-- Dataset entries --
################

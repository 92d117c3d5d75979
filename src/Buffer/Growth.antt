-- ===== src/Buffer/Growth.antt =====
-- What `ensure_capacity` promises, and what a well-formed buffer is.
use Prim.Native.Nat.{max}
use tecc.Base.{
  ℕ, zero, suc, ◌+◌, ◌*◌, ◌/◌, ◌%◌, ◌^◌, ◌≤◌, ◌<◌, ◌≡◌, ◌⊎◌, inl, inr, refl, ap, ◌∙◌, Bool, true,
  false, List, [], ◌∷◌, arith, ltb, leb, ◌==◌, if◌then◌else◌, u64, lt→not_leb, le→not_ltb,
  Bool-cases, length, take, replicate, length-replicate, length-take,
}
use tecc.Base.Run.{ok, Returns}
use tecc.Buffer.Bytes.{splice, memcpy_lem, peek_lem, length-splice, take-splice_front}
use tecc.Buffer.Defs.{
  int_size, Buffer, Env, on_error, move_contents, realloc_buffer, first_capacity, raise_capacity,
  ensure_capacity,
}

-- A block of the capacity, the position within the contents, and a capacity that is none or at
-- least a block.
pub record IsValid (b : Buffer) : Type 0 where
  pub block : length b.contents ≡ b.capacity
  pub within : b.pos ≤ b.size
  pub filled : b.size ≤ b.capacity
  pub has_block_size : 0 < b.block_size
  pub roomy : (b.capacity ≡ 0) ⊎ (b.block_size ≤ b.capacity)

-- The bytes that the buffer holds, whatever its capacity.
abbrev pub view : Buffer → List ℕ
view b = take b.size b.contents

-- Requests are granted.
abbrev pub Grants : Env → Type 0
Grants env = (n : ℕ) → env.can_alloc n ≡ true

-- The sizes stay away from the end of size_t and of long.
abbrev pub IsSmall : Buffer → ℕ → Type 0
IsSmall b len = b.capacity + b.block_size + b.pos + len < 2 ^ 63

-- The first request of an empty buffer fits one block.
abbrev pub HasRoom : Buffer → ℕ → Type 0
HasRoom b len = (0 < b.capacity) ⊎ (len ≤ b.block_size)

-- `t` is `b` with a capacity of at least `n` bytes.
pub record Grown (b : Buffer) (n : ℕ) (t : Buffer) : Type 0 where
  pub valid : IsValid t
  pub room : n ≤ t.capacity
  pub same_view : view t ≡ view b
  pub same_pos : t.pos ≡ b.pos
  pub same_size : t.size ≡ b.size
  pub same_block_size : t.block_size ≡ b.block_size
  pub bounded : t.capacity ≤ b.capacity + b.block_size + n
  pub lean : 0 < b.capacity → t.capacity ≤ max b.capacity (2 * n)

pub length-view : {b : Buffer} → IsValid b → length (view b) ≡ b.size
length-view {b} v = omega (arith, length-take b.size b.contents, v.block, v.filled)

move_contents_lem :
    (old : List ℕ) (size new : ℕ)
    → size ≤ length old
    → length old ≤ new
    → Returns
        (move_contents old size new)
        λ moved. (length moved ≡ new) × (take size moved ≡ take size old)
unfolding move_contents
move_contents_lem [] zero new le fits = (_, refl, (length-replicate new 0, refl))
move_contents_lem [] (suc size) new le fits = absurd (omega arith)
move_contents_lem (x ∷ old) size new le fits =
    let kept = take size (x ∷ old) in
    let n : length kept ≡ size = omega (arith, length-take size (x ∷ old)) in
    let zeros : List ℕ = replicate new 0 in
    let room : length zeros ≡ new = length-replicate new 0 in
    let front = take-splice_front zeros kept (omega arith) in
    (
      splice zeros 0 kept,
      rw (peek_lem (x ∷ old) 0 size (omega arith)) (memcpy_lem zeros 0 kept (omega arith)),
      (length-splice zeros 0 kept ∙ room, rw n at front),
    )

raise_capacity_lem :
    (fuel : ℕ) (b : Buffer) (new : ℕ) → b.capacity ≤ new → raise_capacity (suc fuel) b new ≡ ok new
unfolding raise_capacity
raise_capacity_lem fuel b new le = rw (le→not_ltb new b.capacity le)

whole_blocks : (n d : ℕ) → 0 < d → (n < n / d * d + d) × (n / d * d ≤ n)
whole_blocks n d h = omega (arith)

gt_zero : {n : ℕ} → 0 < n → (n == 0) ≡ false
gt_zero h = ground arith

-- The new capacity: one block, or the whole blocks below the end on top of what there is.
pub first_capacity_lem :
    {b : Buffer} (n : ℕ)
    → IsValid b
    → b.capacity < n
    → b.capacity + b.block_size + n < 2 ^ 63
    → (0 < b.capacity) ⊎ (n ≤ b.block_size)
    → Returns (first_capacity b n) λ new.
      (n ≤ new)
      × (b.block_size ≤ new)
      × (new ≤ b.capacity + b.block_size + n)
      × (0 < b.capacity → new ≤ 2 * n)
unfolding first_capacity
first_capacity_lem {b} n v more small room = elim (Bool-cases (b.capacity == 0)) [
  | inl e ↦
      let none_yet : b.capacity ≡ 0 = ground arith in
      (b.block_size, rw e, (ground arith, ground arith, ground arith, λ h. absurd (omega arith)))
  | inr e ↦
      let (above, below) = whole_blocks n b.block_size v.has_block_size in
      let nonzero : 0 < b.capacity = ground arith in
      (
        b.capacity + n / b.block_size * b.block_size,
        rw (e, gt_zero v.has_block_size) (ap ok (omega arith)),
        (omega arith, omega arith, omega arith, λ h. omega arith),
      )
]

-- A request that is granted gives a block of the new capacity with the same bytes in front.
realloc_buffer-Grown :
    (env : Env) {b : Buffer} (n new : ℕ)
    → Grants env
    → IsValid b
    → n ≤ new
    → b.capacity < new
    → b.block_size ≤ new
    → new ≤ b.capacity + b.block_size + n
    → (0 < b.capacity → new ≤ 2 * n)
    → (t : Buffer) × (realloc_buffer env b new ≡ ok (true, t)) × Grown b n t
unfolding realloc_buffer
realloc_buffer-Grown env {b} n new grants v le more roomy bounded lean =
    let (moved, run, (len, same)) =
      move_contents_lem b.contents b.size new (omega arith) (omega arith) in
    (
      record b { contents = moved; capacity = new },
      rw (lt→not_leb new b.capacity more, grants new, run),
      record {
        valid = record {
          block = len;
          within = v.within;
          filled = omega arith;
          has_block_size = v.has_block_size;
          roomy = inr roomy;
        };
        room = le;
        same_view = same;
        same_pos = refl;
        same_size = refl;
        same_block_size = refl;
        bounded = bounded;
        lean = λ h. omega (arith, lean h);
      },
    )

pub ensure_capacity_grows :
    (env : Env) (b t : Buffer) (grown : Bool) (n new start len : ℕ)
    → u64 (start + len) ≡ n
    → leb n b.capacity ≡ false
    → first_capacity b n ≡ ok new
    → b.capacity ≤ new
    → realloc_buffer env b new ≡ ok (grown, t)
    → ensure_capacity env b start len ≡ ok (if grown then t else on_error env t)
unfolding ensure_capacity
ensure_capacity_grows env b t grown n new start len whole more first le run =
    rw (whole, more, first, raise_capacity_lem b.capacity b new le, run)

-- After `ensure_capacity` the bytes up to `start + len` lie inside the block, and the contents, the
-- position and the sizes are what they were.
pub ensure_capacity-Grown :
    (env : Env) {b : Buffer} (start len : ℕ)
    → Grants env
    → IsValid b
    → (0 < b.capacity) ⊎ (start + len ≤ b.block_size)
    → b.capacity + b.block_size + (start + len) < 2 ^ 63
    → Returns (ensure_capacity env b start len) (Grown b (start + len))
unfolding ensure_capacity
ensure_capacity-Grown env {b} start len grants v room small =
    let whole : u64 (start + len) ≡ start + len = omega arith in
    elim (Bool-cases (leb (start + len) b.capacity)) [
      | inl fits ↦ (
        b,
        rw (whole, fits),
        record {
          valid = v;
          room = ground arith;
          same_view = refl;
          same_pos = refl;
          same_size = refl;
          same_block_size = refl;
          bounded = omega arith;
          lean = λ h. omega arith;
        },
      )
      | inr e ↦
          let more : b.capacity < start + len = ground arith in
          let (new, first, (enough, roomy, bounded, lean)) =
            first_capacity_lem (start + len) v more (omega arith) room in
          let (t, run, grown) =
            realloc_buffer-Grown env (start + len) new grants v enough (omega arith) roomy bounded
              lean in
          (
            t,
            ensure_capacity_grows env b t true _ new start len whole e first (omega arith) run,
            grown,
          )
    ]

-- A number that an int holds is none other as an int.
pub int_size_small : (n : ℕ) → n < 2 ^ 31 → int_size n ≡ n
unfolding int_size
int_size_small n small =
    let low : ltb (n % 2 ^ 32) (2 ^ 31) ≡ true = ground arith in rw low (omega arith)
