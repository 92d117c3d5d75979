-- ===== src/Buffer/Writing.antt =====
-- `TecBuffer_write` as an operation on the bytes held.
use Prim.Native.Nat.{max}
use tecc.Base.{
  ℕ, ◌+◌, ◌*◌, ◌<◌, ◌≤◌, ◌≡◌, refl, sym, ap, ◌∙◌, false, List, [], ◌∷◌, ◌++◌, arith, ltb, ◌==◌,
  if◌then◌else◌, length, take, drop, take-append-drop,
}
use tecc.Base.Run.{ok, Returns}
use tecc.Buffer.Bytes.{splice, memcpy_lem, length-splice, take-splice}
use tecc.Buffer.Defs.{Buffer, Env, ensure_capacity, write}
use tecc.Buffer.Growth.{IsValid, view, Grants, IsSmall, HasRoom, Grown, ensure_capacity-Grown}

-- The bytes `xs` with `src` written at `p`.
abbrev pub overwrite : List ℕ → ℕ → List ℕ → List ℕ
overwrite xs p src = take p xs ++ (src ++ drop (p + length src) xs)

-- What a write of `src` to `b` leaves: `src` over the bytes at the position, the position behind
-- it, and a well-formed buffer.
pub record Written (b : Buffer) (src : List ℕ) (r : ℕ × Buffer) : Type 0 where
  pub returned : r.0 ≡ length src
  pub valid : IsValid r.1
  pub contents : view r.1 ≡ overwrite (view b) b.pos src
  pub end : r.1.pos ≡ b.pos + length src
  pub size : r.1.size ≡ max b.size (b.pos + length src)
  pub block_size : r.1.block_size ≡ b.block_size
  pub lean : 0 < b.capacity → r.1.capacity ≤ max b.capacity (2 * (b.pos + length src))

-- The write into a buffer that has the room.
abbrev pub put : Buffer → Buffer → List ℕ → Buffer
put b t src = record t {
  contents = splice t.contents b.pos src;
  size = if ltb t.size (b.pos + length src) then b.pos + length src else t.size;
  pos = b.pos + length src;
}

pub write_grown :
    (env : Env) (b t : Buffer) (src : List ℕ)
    → (length src == 0) ≡ false
    → ensure_capacity env b b.pos (length src) ≡ ok t
    → b.pos + length src ≤ length t.contents
    → write env b src ≡ ok (length src, put b t src)
unfolding write
write_grown env b t src some run room = rw (some, run, memcpy_lem t.contents b.pos src room)

later_end : (s e : ℕ) → (if ltb s e then e else s) ≡ max s e
later_end s e = ground arith

pub put-Written :
    {b t : Buffer} (src : List ℕ)
    → IsValid b
    → Grown b (b.pos + length src) t
    → Written b src (length src, put b t src)
put-Written {b} {t} src v g = record {
  returned = refl;
  valid = record {
    block = length-splice t.contents b.pos src ∙ g.valid.block;
    within = ground arith;
    filled = ground arith;
    has_block_size = g.valid.has_block_size;
    roomy = g.valid.roomy;
  };
  contents =
      take-splice t.contents b.pos t.size src (b.pos + length src) _ (omega arith) (omega arith)
        (omega arith) refl (later_end t.size (b.pos + length src))
      ∙ ap (λ xs. overwrite xs b.pos src) g.same_view;
  end = refl;
  size = rw (later_end t.size (b.pos + length src), g.same_size);
  block_size = g.same_block_size;
  lean = g.lean;
}

overwrite-nil : (xs : List ℕ) (p : ℕ) → overwrite xs p [] ≡ xs
overwrite-nil xs p = let e : p + 0 ≡ p = omega arith in rw e (take-append-drop p xs)

-- Where every request of memory is granted: a write of bytes into a well-formed buffer of which the
-- sum of capacity, block size, position and number of bytes is below 2 ^ 63, and which has a block
-- already or a block size of at least the bytes, succeeds. It overwrites the bytes at the position,
-- extends the contents where it passes their end, and moves the position behind what it wrote.
pub write-Written :
    (env : Env) {b : Buffer} (src : List ℕ)
    → Grants env
    → IsValid b
    → IsSmall b (length src)
    → HasRoom b (length src)
    → Returns (write env b src) (Written b src)
unfolding write
write-Written env {b} [] grants v small room = (
  (0, b),
  refl,
  record {
    returned = refl;
    valid = v;
    contents = sym (overwrite-nil (view b) b.pos);
    end = omega arith;
    size = omega arith;
    block_size = refl;
    lean = λ h. omega arith;
  },
)
write-Written env {b} (x ∷ src) grants v small room =
    let len = length (x ∷ src) in
    let (t, run, g) = ensure_capacity-Grown env b.pos len grants v (omega arith) (omega arith) in
    (
      (len, put b t (x ∷ src)),
      write_grown env b t (x ∷ src) (ground arith) run (omega arith),
      put-Written (x ∷ src) v g,
    )
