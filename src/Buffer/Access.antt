-- ===== src/Buffer/Access.antt =====
-- `TecBuffer_read` and `TecBuffer_seek` as operations on the bytes held.
use Prim.Native.Nat.{min}
use tecc.Base.{
  ℕ, zero, suc, ◌+◌, ◌-◌, ◌^◌, ◌≤◌, ◌<◌, ◌≡◌, ◌≢◌, ◌⊎◌, inl, inr, refl, sym, ◌∙◌, false, List, [],
  arith, ltb, ◌==◌, if◌then◌else◌, u64, le→not_ltb, Bool-cases, length, take, drop, take-drop-take,
  take-drop-append,
}
use tecc.Base.Int.{ℤ, pos, negsuc}
use tecc.Base.Run.{ok, ◌>>=◌, Returns}
use tecc.Buffer.Bytes.{peek_lem}
use tecc.Buffer.Defs.{
  Buffer, Env, write, read, move_to, seek, Origin, seek_set, new_position, end_of_buffer,
}
use tecc.Buffer.Growth.{IsValid, view, Grants, IsSmall, HasRoom, length-view}
use tecc.Buffer.Writing.{write-Written}

-- What a read of at most `len` bytes gives: those at the position, as many as there are.
pub record Got (b : Buffer) (len : ℕ) (r : ℕ × List ℕ × Buffer) : Type 0 where
  pub count : r.0 ≡ min len (b.size - b.pos)
  pub bytes : r.1 ≡ take r.0 (drop b.pos (view b))
  pub rest : r.2 ≡ record b { pos = b.pos + r.0 }
  pub valid : IsValid r.2

read_some :
    (b : Buffer) (len n : ℕ)
    → (len == 0) ≡ false
    → (if ltb b.size (u64 (b.pos + len)) then u64 (b.size + 2 ^ 64 - b.pos) else len) ≡ n
    → b.pos + n ≤ length b.contents
    → read b len ≡ ok (n, take n (drop b.pos b.contents), record b { pos = b.pos + n })
unfolding read
read_some b len n some e room = rw (some, e, peek_lem b.contents b.pos n room)

-- A read of `len` bytes from a well-formed buffer, where the position and `len` together and the
-- size are each below 2 ^ 63, never leaves the contents: it returns the bytes from the position on,
-- `len` of them or all that are left, moves the position behind them, and changes nothing else.
pub read-Got :
    {b : Buffer} (len : ℕ)
    → IsValid b
    → b.pos + len < 2 ^ 63
    → b.size < 2 ^ 63
    → Returns (read b len) (Got b len)
unfolding read
read-Got {b} zero v small sized = (
  (0, [], b),
  refl,
  record {
    count = omega arith;
    bytes = refl;
    rest = let e : b.pos + 0 ≡ b.pos = omega arith in rw e;
    valid = v;
  },
)
read-Got {b} (suc k) v small sized =
    let n = min (suc k) (b.size - b.pos) in
    (
      (n, take n (drop b.pos b.contents), record b { pos = b.pos + n }),
      read_some b (suc k) n (ground arith) (ground arith) (omega arith),
      record {
        count = refl;
        bytes = sym (take-drop-take b.contents b.pos n b.size (omega arith));
        rest = refl;
        valid = record {
          block = v.block;
          within = omega arith;
          filled = v.filled;
          has_block_size = v.has_block_size;
          roomy = v.roomy;
        };
      },
    )

-- The outcome of a seek to `target`: the position is there, inside the contents; or `target` lies
-- outside, and nothing has changed.
abbrev pub Sought : Buffer → ℤ → ℤ × Buffer → Type 0
Sought b target (code, t) =
    (code ≡ pos 0) × (target ≡ pos t.pos) × (t.pos ≤ b.size) × (t ≡ record b { pos = t.pos })
    ⊎ (code ≡ end_of_buffer) × ((p : ℕ) → p ≤ b.size → target ≢ pos p) × (t ≡ b)

move_to-Sought : (b : Buffer) (target : ℤ) → Sought b target (move_to b target)
unfolding move_to
move_to-Sought b (negsuc n) = inr (refl, (λ p h e. cc), refl)
move_to-Sought b (pos p) = elim (Bool-cases (ltb b.size p)) [
  | inl e ↦ rw e (inr (refl, (λ q h eq. ground arith), refl))
  | inr e ↦ rw e (inl (refl, refl, ground arith, refl))
]

move_to-IsValid : {b : Buffer} (target : ℤ) → IsValid b → IsValid (move_to b target).1
unfolding move_to
move_to-IsValid (negsuc n) v = v
move_to-IsValid {b} (pos p) v = elim (Bool-cases (ltb b.size p)) [
  | inl e ↦ rw e v
  | inr e ↦ rw e (record {
    block = v.block;
    within = ground arith;
    filled = v.filled;
    has_block_size = v.has_block_size;
    roomy = v.roomy;
  })
]

-- `TecBuffer_seek` moves the position to the place meant, the origin's plus the offset, if that
-- lies between 0 and the end of the contents, and else refuses and leaves the buffer as it is; the
-- buffer stays well formed.
pub seek-Sought :
    {b : Buffer} (offset : ℤ) (origin : Origin)
    → IsValid b
    → IsValid (seek b offset origin).1
      × Sought b (new_position b offset origin) (seek b offset origin)
unfolding seek
seek-Sought {b} offset origin v =
    let target = new_position b offset origin in (move_to-IsValid target v, move_to-Sought b target)

seek_back : (t : Buffer) (p : ℕ) → p ≤ t.size → (seek t (pos p) seek_set).1 ≡ record t { pos = p }
unfolding seek new_position move_to
seek_back t p h = rw (le→not_ltb t.size p h)

read_after :
    (env : Env) (b t : Buffer) (src : List ℕ) (n : ℕ) (r : ℕ × List ℕ × Buffer)
    → write env b src ≡ ok (n, t)
    → b.pos ≤ t.size
    → read (record t { pos = b.pos }) (length src) ≡ ok r
    → (do (_, t) ← write env b src; read (seek t (pos b.pos) seek_set).1 (length src)) ≡ ok r
read_after env b t src n r run h got = rw (run, seek_back t b.pos h) got

-- Where every request of memory is granted: after a write of bytes into a well-formed buffer of
-- which the sum of capacity, block size, position and number of bytes is below 2 ^ 63, and which
-- has a block already or a block size of at least the bytes, a seek back to where the write began
-- and a read of its length give the bytes written.
pub read-seek-write :
    (env : Env) {b : Buffer} (src : List ℕ)
    → Grants env
    → IsValid b
    → IsSmall b (length src)
    → HasRoom b (length src)
    → Returns
        (do (_, t) ← write env b src; read (seek t (pos b.pos) seek_set).1 (length src))
        λ r. (r.0 ≡ length src) × (r.1 ≡ src)
read-seek-write env {b} src grants v small room =
    let (r, run, w) = write-Written env src grants v small room in
    let back : IsValid (record r.1 { pos = b.pos }) = omega (arith, w.valid, w.size) in
    let (got, reads, g) =
      read-Got {b = record r.1 { pos = b.pos }} (length src) back (omega arith) (omega arith) in
    let count : got.0 ≡ length src = omega arith in
    let held = length-view v in
    (
      got,
      read_after env b r.1 src r.0 got run (omega arith) reads,
      (
        count,
        g.bytes
            ∙ rw (count, w.contents)
                (take-drop-append (view b) src (drop (b.pos + length src) (view b)) b.pos
                  (omega arith)),
      ),
    )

################

-- Exercise prompt --
Each line above that holds the string "cases" should be copied and shown.

-- Solution --
  Bool-cases, length, take, replicate, length-replicate, length-take,
first_capacity_lem {b} n v more small room = elim (Bool-cases (b.capacity == 0)) [
    elim (Bool-cases (leb (start + len) b.capacity)) [
  arith, ltb, ◌==◌, if◌then◌else◌, u64, le→not_ltb, Bool-cases, length, take, drop, take-drop-take,
move_to-Sought b (pos p) = elim (Bool-cases (ltb b.size p)) [
move_to-IsValid {b} (pos p) v = elim (Bool-cases (ltb b.size p)) [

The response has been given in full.